MiR-93 Promotes Tumorigenesis and Metastasis of Non-Small Cell Lung Cancer Cells

Non-small cell lung cancer (NSCLC) accounts for approximately 85% of clinical lung cancer cases.
MicroRNA-93 (miR-93) acts as an oncomiR in many human cancers, including NSCLC.
The mechanism of miR-93 involvement in NSCLC was previously unknown.
This study aimed to reveal and explain this mechanism to contribute to developing new diagnostic biomarkers and individualized therapeutic tools.

MiR-93 expression was determined in NSCLC cell lines A549, H1975, and H1299.
Cells were transfected with:
- Control plasmids (Mock group).
- MiR-93 overexpression plasmids (miR-93 Up group).
- MiR-93 inhibitor plasmids (miR-93 Down group).
Effects of miR-93 on cell proliferation, migration, and invasion were determined.
In vivo effects of miR-93 on tumor metastasis were determined in an NSCLC xenograft mouse model.
Molecular mechanisms were investigated via dual luciferase reporter assay and western blotting.

MiR-93 expression levels were significantly greater in NSCLC cell lines than in normal lung epithelial cells.
Cell proliferation, migration, and invasion were significantly stimulated by miR-93 upregulation (all P<0.05) and inhibited by miR-93 downregulation.
Dual luciferase reporter assay demonstrated that miR-93 directly bound with the 3′-untranslated region of the tumor suppressor gene LKB1.
Western blotting analysis indicated that miR-93 activated the PI3K/Akt pathway by inhibiting LKB1, PTEN, and p21.
Increased expression of miR-93 induced significant hepatic metastasis of lung cancer in the xenograft mouse model.

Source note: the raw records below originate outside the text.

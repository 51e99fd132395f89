-- ===== src/Superblock.antt =====
-- mountpoint-s3-fs/src/superblock: the metadata of a mounted bucket.
pub mod HandleMap
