-- ===== src/Superblock/HandleMap.antt =====
-- mountpoint-s3-fs/src/superblock/handles_map.rs: `InodeHandleMap`, the open readers and writers of inodes.
--
-- The outer map is a function of the inode number; the readers of an inode are an association list. Each
-- operation holds the lock for its whole run, so it is one step; the inode is locked by the caller.
pub mod Exclusive
mod Tests
use mountpoint_s.Prelude.{
  ℕ, List, [], ◌∷◌, Bool, true, false, ◌&&◌, ◌||◌, not, Option, none, some, ◌==◌, if◌then◌else◌,
}

pub data HandleState : Type 0 where
  active inactive : HandleState

pub record InodeHandles : Type 0 where
  pub readers : List (ℕ × HandleState)
  pub writer : Option (ℕ × HandleState)

pub data SetWriterError : Type 0 where
  active_readers active_writer : SetWriterError

abbrev pub HandleMap : Type 0
HandleMap = ℕ → Option InodeHandles

abbrev pub is_active : HandleState → Bool
is_active active = true
is_active inactive = false

-- The calls of `HashMap` on the readers.
abbrev pub insert : List (ℕ × HandleState) → ℕ → HandleState → List (ℕ × HandleState)
insert [] fh state = (fh, state) ∷ []
insert ((k, s) ∷ readers) fh state =
    if k == fh then (fh, state) ∷ readers else (k, s) ∷ insert readers fh state

abbrev pub remove : List (ℕ × HandleState) → ℕ → List (ℕ × HandleState)
remove [] fh = []
remove ((k, s) ∷ readers) fh = if k == fh then readers else (k, s) ∷ remove readers fh

abbrev pub contains : List (ℕ × HandleState) → ℕ → Bool
contains [] fh = false
contains ((k, s) ∷ readers) fh = k == fh || contains readers fh

abbrev pub any_active : List (ℕ × HandleState) → Bool
any_active [] = false
any_active ((k, s) ∷ readers) = is_active s || any_active readers

abbrev pub writer_active : Option (ℕ × HandleState) → Bool
writer_active none = false
writer_active (some (fh, s)) = is_active s

abbrev pub is_writer : Option (ℕ × HandleState) → ℕ → Bool
is_writer none fh = false
is_writer (some (w, s)) fh = fh == w

abbrev pub no_handles : InodeHandles
no_handles = record { readers = []; writer = none }

abbrev pub has_readers : List (ℕ × HandleState) → Bool
has_readers [] = false
has_readers (r ∷ readers) = true

abbrev pub has_writer : Option (ℕ × HandleState) → Bool
has_writer none = false
has_writer (some w) = true

-- `InodeHandles::is_empty`
abbrev pub is_empty : InodeHandles → Bool
is_empty e = not (has_readers e.readers) && not (has_writer e.writer)

abbrev pub or_default : Option InodeHandles → InodeHandles
or_default none = no_handles
or_default (some e) = e

-- The map with the entry of one inode replaced.
unfoldable pub update : HandleMap → ℕ → Option InodeHandles → HandleMap
update m ino e k = if k == ino then e else m k

-- The effect of each operation on the entry of its inode, and its result.
unfoldable pub try_add_reader : Option InodeHandles → ℕ → Option InodeHandles × Bool
try_add_reader entry fh =
    let e = or_default entry in
    if writer_active e.writer
    then (some e, false)
    else (some (record { readers = insert e.readers fh active; writer = none }), true)

unfoldable pub deactivate_reader : Option InodeHandles → ℕ → Option InodeHandles
deactivate_reader none fh = none
deactivate_reader (some e) fh =
    if contains e.readers fh
    then some (record e { readers = insert e.readers fh inactive })
    else some e

unfoldable pub try_activate_reader : Option InodeHandles → ℕ → Option InodeHandles × Bool
try_activate_reader none fh = (none, false)
try_activate_reader (some e) fh =
    if contains e.readers fh
    then (some (record e { readers = insert e.readers fh active }), true)
    else (some e, false)

-- An entry with nothing in it is taken out of the map.
abbrev pub or_removed : InodeHandles → Option InodeHandles
or_removed e = if is_empty e then none else some e

unfoldable pub remove_reader : Option InodeHandles → ℕ → Option InodeHandles
remove_reader none fh = none
remove_reader (some e) fh = or_removed (record e { readers = remove e.readers fh })

unfoldable pub set_writer : Option InodeHandles → ℕ → Option InodeHandles × Option SetWriterError
set_writer entry fh =
    let e = or_default entry in
    if any_active e.readers
    then (some e, some active_readers)
    else if writer_active e.writer
    then (some e, some active_writer)
    else (some (record { readers = []; writer = some (fh, active) }), none)

abbrev set_state : Option InodeHandles → ℕ → HandleState → Option InodeHandles × Bool
set_state none fh state = (none, false)
set_state (some e) fh state =
    if is_writer e.writer fh
    then (some (record e { writer = some (fh, state) }), true)
    else (some e, false)

unfoldable pub try_activate_writer : Option InodeHandles → ℕ → Option InodeHandles × Bool
try_activate_writer entry fh = set_state entry fh active

unfoldable pub try_deactivate_writer : Option InodeHandles → ℕ → Option InodeHandles × Bool
try_deactivate_writer entry fh = set_state entry fh inactive

unfoldable pub try_remove_writer : Option InodeHandles → ℕ → Option InodeHandles × Bool
try_remove_writer none fh = (none, false)
try_remove_writer (some e) fh =
    if is_writer e.writer fh
    then (or_removed (record e { writer = none }), true)
    else (some e, false)

unfoldable pub remove_inode : Option InodeHandles → Option InodeHandles × Bool
remove_inode none = (none, false)
remove_inode (some e) = (none, true)

-- The operations as data: each is for an inode and a file handle.
pub data Operation : Type 0 where
  add_reader pause_reader resume_reader drop_reader : Operation
  write resume_writer pause_writer drop_writer drop_inode : Operation

abbrev pub step : Operation → Option InodeHandles → ℕ → Option InodeHandles
step add_reader e fh = (try_add_reader e fh).0
step pause_reader e fh = deactivate_reader e fh
step resume_reader e fh = (try_activate_reader e fh).0
step drop_reader e fh = remove_reader e fh
step write e fh = (set_writer e fh).0
step resume_writer e fh = (try_activate_writer e fh).0
step pause_writer e fh = (try_deactivate_writer e fh).0
step drop_writer e fh = (try_remove_writer e fh).0
step drop_inode e fh = (remove_inode e).0

-- A run of operations, the first one first.
abbrev pub run : List (Operation × ℕ × ℕ) → HandleMap → HandleMap
run [] m = m
run ((o, ino, fh) ∷ os) m = run os (update m ino (step o (m ino) fh))
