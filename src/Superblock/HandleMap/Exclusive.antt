-- ===== src/Superblock/HandleMap/Exclusive.antt =====
-- No inode has a reader beside a writer, and no entry stays in the map without a handle.
use mathlib.Core.Bool.{true≢false, false≢true}
use mountpoint_s.Prelude.{
  ℕ, sym, ap, ◌∙◌, ◌≡◌, ◌⊎◌, ◌||◌, inl, inr, refl, List, [], ◌∷◌, true, false, Option, none, some,
  arith, ◌==◌, Bool-cases,
}
use mountpoint_s.Superblock.HandleMap.{
  HandleState, is_active, active, inactive, InodeHandles, insert, remove, update, Operation, run,
  step, HandleMap, try_add_reader, deactivate_reader, try_activate_reader, remove_reader,
  set_writer, try_activate_writer, try_deactivate_writer, try_remove_writer, writer_active,
  any_active, contains, has_readers, has_writer, or_removed, remove_inode, SetWriterError,
}

-- An inode has readers and no writer, or a writer and no readers, or it is not in the map.
abbrev pub IsExclusive : Option InodeHandles → Type 0
IsExclusive none = Unit
IsExclusive (some e) =
    ((has_readers e.readers ≡ true) × (has_writer e.writer ≡ false))
    ⊎ ((has_readers e.readers ≡ false) × (has_writer e.writer ≡ true))

has_readers-insert :
    (rs : List (ℕ × HandleState)) (fh : ℕ) (s : HandleState) → has_readers (insert rs fh s) ≡ true
has_readers-insert [] fh s = refl
has_readers-insert ((k, t) ∷ rs) fh s = ground arith

has_readers-contains :
    (rs : List (ℕ × HandleState)) (fh : ℕ) → contains rs fh ≡ true → has_readers rs ≡ true
has_readers-contains [] fh h = h
has_readers-contains (r ∷ rs) fh h = refl

or_removed-IsExclusive :
    (e : InodeHandles)
    → (has_readers e.readers ≡ false) ⊎ (has_writer e.writer ≡ false)
    → IsExclusive (or_removed e)
or_removed-IsExclusive e h = ground arith

has_readers-remove :
    (rs : List (ℕ × HandleState)) (fh : ℕ)
    → has_readers rs ≡ false
    → has_readers (remove rs fh) ≡ false
has_readers-remove [] fh h = refl
has_readers-remove (r ∷ rs) fh h = ground arith

step-IsExclusive :
    (o : Operation) (e : Option InodeHandles) (fh : ℕ) → IsExclusive e → IsExclusive (step o e fh)
unfolding try_add_reader deactivate_reader try_activate_reader remove_reader set_writer
    try_activate_writer try_deactivate_writer try_remove_writer remove_inode
step-IsExclusive Operation.add_reader none fh v = ground arith
step-IsExclusive Operation.add_reader (some e) fh v =
    ground (arith, has_readers-insert e.readers fh active)
step-IsExclusive Operation.pause_reader none fh v = v
step-IsExclusive Operation.pause_reader (some e) fh v =
    ground (arith, has_readers-insert e.readers fh inactive, has_readers-contains e.readers fh)
step-IsExclusive Operation.resume_reader none fh v = v
step-IsExclusive Operation.resume_reader (some e) fh v =
    ground (arith, has_readers-insert e.readers fh active, has_readers-contains e.readers fh)
step-IsExclusive Operation.drop_reader none fh v = v
step-IsExclusive Operation.drop_reader (some e) fh v =
    or_removed-IsExclusive (record e { readers = remove e.readers fh })
      (ground (arith, has_readers-remove e.readers fh))
step-IsExclusive Operation.write none fh v = ground arith
step-IsExclusive Operation.write (some e) fh v = ground arith
step-IsExclusive Operation.resume_writer none fh v = v
step-IsExclusive Operation.resume_writer (some e) fh v = ground arith
step-IsExclusive Operation.pause_writer none fh v = v
step-IsExclusive Operation.pause_writer (some e) fh v = ground arith
step-IsExclusive Operation.drop_writer none fh v = v
step-IsExclusive Operation.drop_writer (some e) fh v = ground arith
step-IsExclusive Operation.drop_inode none fh v = v
step-IsExclusive Operation.drop_inode (some e) fh v = tt

update-IsExclusive :
    (m : HandleMap) (ino : ℕ) (e : Option InodeHandles)
    → ((k : ℕ) → IsExclusive (m k))
    → IsExclusive e
    → (k : ℕ) → IsExclusive (update m ino e k)
unfolding update
update-IsExclusive m ino e v w k = elim (Bool-cases (k == ino)) [
  | inl same ↦ rw same w
  | inr other ↦ rw other (v k)
]

-- Whatever operations are run, for whatever inodes and file handles, from the empty map: each inode that is
-- in the map has readers and no writer, or a writer and no readers.
pub run-IsExclusive :
    (os : List (Operation × ℕ × ℕ)) (ino : ℕ) → IsExclusive (run os (λ k. none) ino)
run-IsExclusive os ino = kept os (λ k. none) (λ k. tt) ino
  where
    kept :
        (os : List (Operation × ℕ × ℕ)) (m : HandleMap)
        → ((k : ℕ) → IsExclusive (m k))
        → (k : ℕ) → IsExclusive (run os m k)
    kept [] m v k = v k
    kept ((o, ino, fh) ∷ os) m v k =
        kept os (update m ino (step o (m ino) fh))
          (update-IsExclusive m ino (step o (m ino) fh) v (step-IsExclusive o (m ino) fh (v ino))) k

-- A reader of the list has a state.
abbrev Listed : List (ℕ × HandleState) → ℕ → HandleState → Type 0
Listed [] fh s = ⊥
Listed (r ∷ rs) fh s = (r ≡ (fh, s)) ⊎ Listed rs fh s

-- The inode has a reader in a state, or it has a writer in one.
abbrev Reads : Option InodeHandles → ℕ → HandleState → Type 0
Reads none fh s = ⊥
Reads (some e) fh s = Listed e.readers fh s

abbrev Writes : Option InodeHandles → ℕ → HandleState → Type 0
Writes none fh s = ⊥
Writes (some e) fh s = e.writer ≡ some (fh, s)

any_active-Listed :
    (rs : List (ℕ × HandleState)) → any_active rs ≡ true → (fh : ℕ) × Listed rs fh active
any_active-Listed [] h = absurd (false≢true h)
any_active-Listed ((k, active) ∷ rs) h = (k, inl refl)
any_active-Listed ((k, inactive) ∷ rs) h = let (fh, l) = any_active-Listed rs h in (fh, inr l)

Listed-any_active :
    (rs : List (ℕ × HandleState)) (fh : ℕ) → Listed rs fh active → any_active rs ≡ true
Listed-any_active [] fh l = absurd l
Listed-any_active ((k, s) ∷ rs) fh (inl e) = ap (λ t. is_active t.1 || any_active rs) e
Listed-any_active ((k, active) ∷ rs) fh (inr l) = refl
Listed-any_active ((k, inactive) ∷ rs) fh (inr l) = Listed-any_active rs fh l

writer_active-Writes :
    (w : Option (ℕ × HandleState)) → writer_active w ≡ true → (fh : ℕ) × (w ≡ some (fh, active))
writer_active-Writes none h = absurd (false≢true h)
writer_active-Writes (some (fh, active)) h = (fh, refl)
writer_active-Writes (some (fh, inactive)) h = absurd (false≢true h)

-- What a call of `set_writer` leaves, and what it answers.
abbrev pub Answered : Option InodeHandles → ℕ → Option InodeHandles × Option SetWriterError → Type 0
Answered e fh (e', none) =
    ((k : ℕ) → Reads e k active → ⊥)
    × ((k : ℕ) → Writes e k active → ⊥)
    × ((k : ℕ) (s : HandleState) → Reads e' k s → ⊥)
    × Writes e' fh active
    × ((k : ℕ) → try_add_reader e' k ≡ (e', false))
    × ((k : ℕ) → set_writer e' k ≡ (e', some SetWriterError.active_writer))
Answered e fh (e', some SetWriterError.active_readers) = (e' ≡ e) × (k : ℕ) × Reads e k active
Answered e fh (e', some SetWriterError.active_writer) =
    (e' ≡ e) × ((k : ℕ) → Reads e k active → ⊥) × (k : ℕ) × Writes e k active

-- For any inode, also one that is not in the map: a writer is let in exactly if no reader and no writer
-- of the inode is active. Then it is the only handle of the inode, it is active, and as long as the
-- entry stays like this no reader and no other writer is let in. If not, the entry is left as it was, and
-- the error names a kind of handle that is active: readers if there is an active one, else the writer.
pub set_writer_alone : (e : Option InodeHandles) (fh : ℕ) → Answered e fh (set_writer e fh)
unfolding set_writer try_add_reader
set_writer_alone none fh = (λ k r. r, λ k w. w, λ k s r. r, refl, λ k. refl, λ k. refl)
set_writer_alone (some e) fh = elim (Bool-cases (any_active e.readers)) [
  | inl reading ↦ let (k, l) = any_active-Listed e.readers reading in rw reading (refl, k, l)
  | inr idle ↦
      let no_reader : (k : ℕ) → Listed e.readers k active → ⊥ =
        λ k l. true≢false (sym (Listed-any_active e.readers k l) ∙ idle) in
      elim (Bool-cases (writer_active e.writer)) [
        | inl writing ↦
            let (k, w) = writer_active-Writes e.writer writing in
            rw (idle, writing) (refl, no_reader, k, w)
        | inr free ↦
            rw (idle, free)
              (
                no_reader,
                λ k w. true≢false (sym (ap writer_active w) ∙ free),
                λ k s r. r,
                refl,
                λ k. refl,
                λ k. refl,
              )
      ]
]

MiR-93 expression in A549, H1975, and H1299 cells was 2.57, 3.17, and 3.72-fold higher, respectively, than in BEAS-2B cells (all P<0.001).
The number of colonies formed by A549 cells in the Mock group, the miR-93 Up group, and the miR-93 Down group were 198 $\pm$ 18, 266 $\pm$ 25, and 123 $\pm$ 23, respectively.
The colonies formed by H1299 cells in the Mock group, the miR-93 Up group, and the miR-93 Down group numbered 57 $\pm$ 5, 86 $\pm$ 11, and 24 $\pm$ 10, respectively.

Analysis indicated that LKB1, PTEN, and CDKN1A were candidate targets of miR-93.
293T cells transfected with miR-93 mimic had 64% lower luciferase activity than parental 293T cells, 293T cells transfected with the control plasmid, or 293T cells transfected with the plasmid expressing LKB1 mutant 3′-UTR (all P<0.01).

Tumors from miR-93 Down A549 cells had significantly lower rates of pleural dissemination and hepatic metastasis than controls.
The miR-93 Down group had a lower rate of pleural dissemination than the Mock group (80% vs 100%, P<0.05) and no hepatic metastasis (0 vs 80%, P<0.01).
The survival time of miR-93 Down group was significantly longer than that of Mock group (P=0.039), with the median survival time was 58 days vs 53 days.

Overexpression of miR-93 facilitates tumorigenesis and metastasis of NSCLC.
These findings provide novel insight into the mechanism of miR-93 involvement in NSCLC, suggesting that miR-93 may serve as a potential therapeutic target.
MiR-93 promotes lung cancer proliferation and metastasis both in vitro and in vivo and identified LKB1 as a novel target of miR-93 in NSCLC.
MiR-93 inhibits LKB1, PTEN, and CDKN1A, thereby activating proliferation and metastases through the PI3K/Akt pathway in NSCLC.
The tumorigenic activity of miR-93 is mediated by activation of the oncogenic PI3K/Akt pathway through inhibition of LKB1, PTEN, and p21 expression.